- Location: El Dorado County, California, United States
- Nearest city: South Lake Tahoe, California
- Coordinates: 38°52′07″N 120°01′24″W﻿ / ﻿38.8687°N 120.0234°W
- Area: 861 acres (348 ha)
- Established: 1984
- Governing body: California Department of Parks and Recreation
- Website: www.parks.ca.gov?page_id=516

= Washoe Meadows State Park =

California state park

Washoe Meadows State Park is a state park in California, consisting of more than 600 acres of woodlands and meadows.

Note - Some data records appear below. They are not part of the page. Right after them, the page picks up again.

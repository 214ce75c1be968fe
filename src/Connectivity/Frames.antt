-- ===== src/Connectivity/Frames.antt =====
-- Theorems about the frames of the bulk protocol of
-- src/services/connectivity-debug-protocols-service.ts.
use mathlib.Core.List.{append_assoc}
use orbitdb_relay.Prelude.{
  ℕ, zero, suc, ◌^◌, ◌≤◌, ◌<◌, Bytes, true, false, Option, none, some, ◌≡◌, refl, ◌∙◌, List, [],
  ◌∷◌, ◌++◌, map, ltb, ◌==◌, length, take, drop, All, arith,
}
use orbitdb_relay.Connectivity.Reader.{
  Answer, Timeouts, stream_ended, Read, fails, reads, read_exactly, encode_u32be, decode_u32be,
  encode_frame, frame_body, read_framed_chunk, frame_too_long, End, returned, failed, yield_frame,
  bulk_frames,
}
use orbitdb_relay.Connectivity.Chunks.{
  content, AreTimely, Gives, read_exactly-Gives, read_exactly-short,
}

abbrev pub IsPayload : ℕ → Bytes → Type 0
IsPayload max_frame_bytes payload = (0 < length payload) × (length payload ≤ max_frame_bytes)

-- What follows the frames on a stream, and how the handler ends on it.
pub data Tail (max_frame_bytes : ℕ) : Bytes → End → Type 0 where
  closes : (r : Bytes) → Tail max_frame_bytes (encode_u32be 0 ++ r) returned
  too_long :
      (n : ℕ) (r : Bytes)
      → max_frame_bytes < n
      → n < 2 ^ 32
      → Tail max_frame_bytes (encode_u32be n ++ r) (failed (frame_too_long n))
  cut_header : (r : Bytes) → length r < 4 → Tail max_frame_bytes r (failed stream_ended)
  cut_body :
      (n : ℕ) (r : Bytes)
      → n ≤ max_frame_bytes
      → length r < n
      → Tail max_frame_bytes (encode_u32be n ++ r) (failed stream_ended)

abbrev pub join_frames : List Bytes → Bytes → Bytes
join_frames [] tail = tail
join_frames (payload ∷ payloads) tail = encode_frame payload ++ join_frames payloads tail

decode-encode : (n : ℕ) → n < 2 ^ 32 → decode_u32be (encode_u32be n) ≡ n
unfolding encode_u32be decode_u32be
decode-encode n h = omega arith

take-header :
    (n : ℕ) (r : Bytes)
    → (take 4 (encode_u32be n ++ r) ≡ encode_u32be n) × (drop 4 (encode_u32be n ++ r) ≡ r)
unfolding encode_u32be
take-header n r = (refl, refl)

-- What is read behind a header.
abbrev AfterHeader : Timeouts → ℕ → ℕ → Bytes → Read → Type 0
AfterHeader t max_frame_bytes n r read =
    (carry : Bytes) × (answers : List Answer) × (read
      ≡ frame_body t max_frame_bytes n carry answers)
    × (carry ++ content answers ≡ r)
    × AreTimely t answers

read_header_of :
    (t : Timeouts) (m n : ℕ) (r : Bytes) (read : Read)
    → n < 2 ^ 32
    → Gives t (encode_u32be n) r read
    → AfterHeader t m n r (elim read [
      | fails failure ↦ fails failure
      | reads header carry answers ↦ frame_body t m (decode_u32be header) carry answers
    ])
read_header_of t m n r (fails failure) fits h = absurd h
read_header_of t m n r (reads header carry answers) fits (same, rest, timely) =
    (carry, answers, rw (same, decode-encode n fits) refl, rest, timely)

read_header :
    (t : Timeouts) (m n : ℕ) (r carry : Bytes) (answers : List Answer)
    → n < 2 ^ 32
    → AreTimely t answers
    → carry ++ content answers ≡ encode_u32be n ++ r
    → AfterHeader t m n r (read_framed_chunk t m carry answers)
unfolding read_framed_chunk encode_u32be
read_header t m n r carry answers fits timely same =
    read_header_of t m n r (read_exactly t 4 carry answers) fits
      (read_exactly-Gives t (encode_u32be n) r carry answers timely same)

frame_body-Gives :
    (t : Timeouts) (m : ℕ) (payload rest carry : Bytes) (answers : List Answer)
    → length payload ≤ m
    → AreTimely t answers
    → carry ++ content answers ≡ payload ++ rest
    → Gives t payload rest (frame_body t m (length payload) carry answers)
unfolding frame_body
frame_body-Gives t m [] rest carry answers fits timely same =
    let allowed : ltb m 0 ≡ false = ground arith in rw allowed (refl, same, timely)
frame_body-Gives t m (b ∷ payload) rest carry answers fits timely same =
    let allowed : ltb m (length (b ∷ payload)) ≡ false = ground arith in
    let full : (length (b ∷ payload) == 0) ≡ false = ground arith in
    rw (allowed, full) (read_exactly-Gives t (b ∷ payload) rest carry answers timely same)

read_framed_chunk-Gives :
    (t : Timeouts) (m : ℕ) (payload rest carry : Bytes) (answers : List Answer)
    → m < 2 ^ 32
    → length payload ≤ m
    → AreTimely t answers
    → carry ++ content answers ≡ encode_frame payload ++ rest
    → Gives t payload rest (read_framed_chunk t m carry answers)
unfolding encode_frame
read_framed_chunk-Gives t m payload rest carry answers bound fits timely same =
    let header = encode_u32be (length payload) in
    let (carry', answers', read, rest', timely') =
      read_header t m (length payload) (payload ++ rest) carry answers (omega arith) timely
        (same ∙ append_assoc header payload rest) in
    rw read (frame_body-Gives t m payload rest carry' answers' fits timely' rest')

-- How the loop ends where no whole frame is to be had.
ends_of : Read → Option (List Bytes × End)
ends_of (fails failure) = some ([], failed failure)
ends_of (reads [] carry answers) = some ([], returned)
ends_of (reads (b ∷ bytes) carry answers) = none

bulk_frames-ends :
    (fuel : ℕ) (t : Timeouts) (m : ℕ) (carry : Bytes) (answers : List Answer) (e : End)
    → ends_of (read_framed_chunk t m carry answers) ≡ some ([], e)
    → bulk_frames (suc fuel) t m carry answers ≡ some ([], e)
unfolding bulk_frames ends_of
bulk_frames-ends fuel t m carry answers e h = ground arith

read_framed_chunk-Tail :
    (t : Timeouts) (m : ℕ) (tail carry : Bytes) (answers : List Answer) (e : End)
    → m < 2 ^ 32
    → Tail m tail e
    → AreTimely t answers
    → carry ++ content answers ≡ tail
    → ends_of (read_framed_chunk t m carry answers) ≡ some ([], e)
unfolding ends_of frame_body read_framed_chunk
read_framed_chunk-Tail t m _ carry answers _ bound (closes r) timely same =
    let (carry', answers', read, rest, timely') =
      read_header t m 0 r carry answers (omega arith) timely same in
    let allowed : ltb m 0 ≡ false = ground arith in rw (read, allowed) refl
read_framed_chunk-Tail t m _ carry answers _ bound (too_long n r above fits) timely same =
    let (carry', answers', read, rest, timely') =
      read_header t m n r carry answers fits timely same in
    let refused : ltb m n ≡ true = ground arith in rw (read, refused) refl
read_framed_chunk-Tail t m tail carry answers _ bound (cut_header _ short) timely same =
    rw (read_exactly-short t 4 carry answers timely (rw same short), read_framed_chunk) refl
read_framed_chunk-Tail t m _ carry answers _ bound (cut_body n r fits short) timely same =
    let (carry', answers', read, rest, timely') =
      read_header t m n r carry answers (omega arith) timely same in
    let allowed : ltb m n ≡ false = ground arith in
    let more : (n == 0) ≡ false = ground arith in
    rw (read, allowed, more, read_exactly-short t n carry' answers' timely' (rw rest short)) refl

bulk_frames-frame :
    (fuel : ℕ) (t : Timeouts) (m : ℕ) (payload rest carry : Bytes) (answers : List Answer)
    (read : Read)
    → 0 < length payload
    → Gives t payload rest read
    → read_framed_chunk t m carry answers ≡ read
    → (carry' : Bytes) × (answers' : List Answer) × (bulk_frames (suc fuel) t m carry answers
        ≡ yield_frame payload (bulk_frames fuel t m carry' answers'))
      × (carry' ++ content answers' ≡ rest)
      × AreTimely t answers'
unfolding bulk_frames
bulk_frames-frame fuel t m payload rest carry answers (fails failure) full h e = absurd h
bulk_frames-frame fuel t m [] rest carry answers (reads bytes c' a') full h e = absurd (omega arith)
bulk_frames-frame fuel t m (b ∷ payload) rest carry answers (reads bytes c' a') full
      (same, rest', timely) e =
    (c', a', rw (e, bulk_frames, same) refl, rest', timely)

-- The bulk protocol answers a stream with the frames that came whole, in their order, and ends the
-- way that what follows them says: it returns on an empty frame, and it fails where a frame is
-- longer than allowed or the stream ends before a header or a body does. It does not matter how the
-- stream is cut into chunks, as long as each comes before a timeout, the limit on a frame fits into
-- four bytes, and there is fuel for each frame.
pub bulk_frames-join :
    (fuel : ℕ) (t : Timeouts) (m : ℕ) (payloads : List Bytes) (tail carry : Bytes)
    (answers : List Answer) (e : End)
    → m < 2 ^ 32
    → length payloads < fuel
    → All (IsPayload m) payloads
    → Tail m tail e
    → AreTimely t answers
    → carry ++ content answers ≡ join_frames payloads tail
    → bulk_frames fuel t m carry answers ≡ some (map encode_frame payloads, e)
bulk_frames-join zero t m payloads tail carry answers e bound enough valid end timely same =
    absurd (omega arith)
bulk_frames-join (suc fuel) t m [] tail carry answers e bound enough valid end timely same =
    bulk_frames-ends fuel t m carry answers e
      (read_framed_chunk-Tail t m tail carry answers e bound end timely same)
bulk_frames-join (suc fuel) t m (p ∷ payloads) tail carry answers e bound enough
      ((full, fits), valid) end timely same =
    let (carry', answers', step, rest, timely') =
      bulk_frames-frame fuel t m p (join_frames payloads tail) carry answers
        (read_framed_chunk t m carry answers) full
        (read_framed_chunk-Gives t m p (join_frames payloads tail) carry answers bound fits timely
          same)
        refl in
    rw
      (
        step,
        bulk_frames-join fuel t m payloads tail carry' answers' e bound (omega arith) valid end
            timely' rest,
      )
      refl
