-- ===== src/Connectivity/Fuel.antt =====
-- The bulk handler of src/services/connectivity-debug-protocols-service.ts ends on every finite
-- stream.
use orbitdb_relay.Prelude.{
  ℕ, zero, suc, ◌+◌, ◌-◌, ◌≤◌, ◌<◌, Bytes, true, Option, none, some, ◌≡◌, refl, List, [], ◌∷◌, ◌++◌,
  ltb, leb, ◌==◌, length, take, drop, arith, ◌⊎◌, inl, inr, Bool-cases, length-append, is_some,
}
use orbitdb_relay.Connectivity.Reader.{
  Item, item_next, timeout_ms, timeout_failure, stream_ended, thrown, chunk, done, throws, Answer,
  Timeouts, Failure, Read, fails, reads, carries, stops, next_chunk, read_on, read_exactly,
  decode_u32be, frame_body, read_framed_chunk, yield_frame, bulk_frames, End,
}
use orbitdb_relay.Connectivity.Chunks.{content, item_bytes}

-- No more than `k` bytes come out of the read, those left over included.
abbrev Shrinks : ℕ → Read → Type 0
Shrinks k (fails failure) = Unit
Shrinks k (reads bytes carry answers) = length bytes + length carry + length (content answers) ≤ k

length-take-drop : (n : ℕ) (xs : Bytes) → length (take n xs) + length (drop n xs) ≡ length xs
length-take-drop zero xs = omega arith
length-take-drop (suc n) [] = omega arith
length-take-drop (suc n) (x ∷ xs) = omega (arith, length-take-drop n xs)

item_next-cases :
    (i : Item)
    → (item_next i ≡ carries (item_bytes i)) ⊎ ((failure : Failure) × (item_next i ≡ stops failure))
item_next-cases (chunk bytes) = inl refl
item_next-cases done = inr (stream_ended, refl)
item_next-cases (throws message) = inr (thrown message, refl)

-- Either the chunk of an answer, or a failure.
next_chunk-cases :
    (t : Timeouts) (a : Answer)
    → (next_chunk t a ≡ carries (item_bytes a.item))
      ⊎ ((failure : Failure) × (next_chunk t a ≡ stops failure))
unfolding next_chunk
next_chunk-cases t a = elim (Bool-cases (ltb a.wait (timeout_ms t a.idle))) [
  | inl timely ↦ rw timely (item_next-cases a.item)
  | inr late ↦ rw late (inr (timeout_failure t a.idle, refl))
]

read_on-Shrinks :
    (t : Timeouts) (n : ℕ) (out carry : Bytes) (answers : List Answer) (k : ℕ)
    → length out + length carry + length (content answers) ≤ k
    → Shrinks k (read_on t n out carry answers)
unfolding read_on
read_on-Shrinks t n out carry [] k h =
    ground (arith, length-append out (take n carry), length-take-drop n carry)
read_on-Shrinks t n out carry (a ∷ answers) k h = elim (Bool-cases (leb n (length carry))) [
  | inl fits ↦ rw fits (ground (arith, length-append out (take n carry), length-take-drop n carry))
  | inr more ↦ elim (next_chunk-cases t a) [
    | inl next ↦
        rw (more, next)
          (read_on-Shrinks t (n - length carry) (out ++ carry) (item_bytes a.item) answers k (
            omega (
              arith,
              length-append out carry,
              length-append (item_bytes a.item) (content answers),
            )))
    | inr (failure, next) ↦ rw (more, next) tt
  ]
]

frame_body-Shrinks :
    (t : Timeouts) (m n : ℕ) (carry : Bytes) (answers : List Answer) (k : ℕ)
    → length carry + length (content answers) ≤ k
    → Shrinks k (frame_body t m n carry answers)
unfolding frame_body read_exactly
frame_body-Shrinks t m n carry answers k h = elim (Bool-cases (ltb m n)) [
  | inl above ↦ rw above tt
  | inr allowed ↦ elim (Bool-cases (n == 0)) [
    | inl empty ↦ rw (allowed, empty) (omega arith)
    | inr full ↦ rw (allowed, full) (read_on-Shrinks t n [] carry answers k (omega arith))
  ]
]

read_framed_chunk-Shrinks :
    (t : Timeouts) (m : ℕ) (carry : Bytes) (answers : List Answer) (k : ℕ)
    → length carry + length (content answers) ≤ k
    → Shrinks k (read_framed_chunk t m carry answers)
unfolding read_framed_chunk read_exactly
read_framed_chunk-Shrinks t m carry answers k h =
    behind (read_on t 4 [] carry answers) (read_on-Shrinks t 4 [] carry answers k (omega arith))
  where
    behind :
        (read : Read)
        → Shrinks k read
        → Shrinks k (elim read [
          | fails failure ↦ fails failure
          | reads header carry' answers' ↦ frame_body t m (decode_u32be header) carry' answers'
        ])
    behind (fails failure) h = tt
    behind (reads header carry' answers') h =
        frame_body-Shrinks t m (decode_u32be header) carry' answers' k (omega arith)

is_some-yield :
    (payload : Bytes) (r : Option (List Bytes × End)) → is_some (yield_frame payload r) ≡ is_some r
is_some-yield payload none = refl
is_some-yield payload (some (frames, end)) = refl

-- The bulk handler ends on every finite stream, whatever it carries and however late: with more
-- fuel than there are bytes, the loop comes to an end.
pub bulk_frames-ends_always :
    (fuel : ℕ) (t : Timeouts) (m : ℕ) (carry : Bytes) (answers : List Answer)
    → length carry + length (content answers) < fuel
    → is_some (bulk_frames fuel t m carry answers) ≡ true
unfolding bulk_frames
bulk_frames-ends_always zero t m carry answers h = absurd (omega arith)
bulk_frames-ends_always (suc fuel) t m carry answers h =
    loop (read_framed_chunk t m carry answers)
      (read_framed_chunk-Shrinks t m carry answers fuel (omega arith))
      (bulk_frames-ends_always fuel t m)
  where
    loop :
        (read : Read)
        → Shrinks fuel read
        → ((carry' : Bytes) (answers' : List Answer)
            → length carry' + length (content answers') < fuel
            → is_some (bulk_frames fuel t m carry' answers') ≡ true)
        → is_some {A = List Bytes × End} (elim read [
          | fails failure ↦ some ([], End.failed failure)
          | reads payload carry' answers' ↦ elim payload [
            | [] ↦ some ([], End.returned)
            | b ∷ bytes ↦ yield_frame (b ∷ bytes) (bulk_frames fuel t m carry' answers')
          ]
        ])
          ≡ true
    loop (fails failure) h ih = refl
    loop (reads [] carry' answers') h ih = refl
    loop (reads (b ∷ bytes) carry' answers') h ih =
        rw (is_some-yield (b ∷ bytes) (bulk_frames fuel t m carry' answers'))
          (ih carry' answers' (omega arith))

It is located south of Lake Tahoe in El Dorado County.

== History ==
Washoe Meadows State Park was established in 1984 to prevent the expansion of the Lake Tahoe Golf Course across the Truckee River, and was named after the local Washoe people. In 2018, parts of the park were used alongside nearby South Lake Tahoe Airport as filming locations for Top Gun: Maverick. In 2023, Washoe Meadows was one of 12 California state parks subject to a memorandum of understanding between the California Department of Parks & Recreation and the Washoe Tribe of Nevada focused on cooperation and tribal access.

Bird spotters noticed sandhill cranes nesting here in 2023 along with other sites around Lake Tahoe.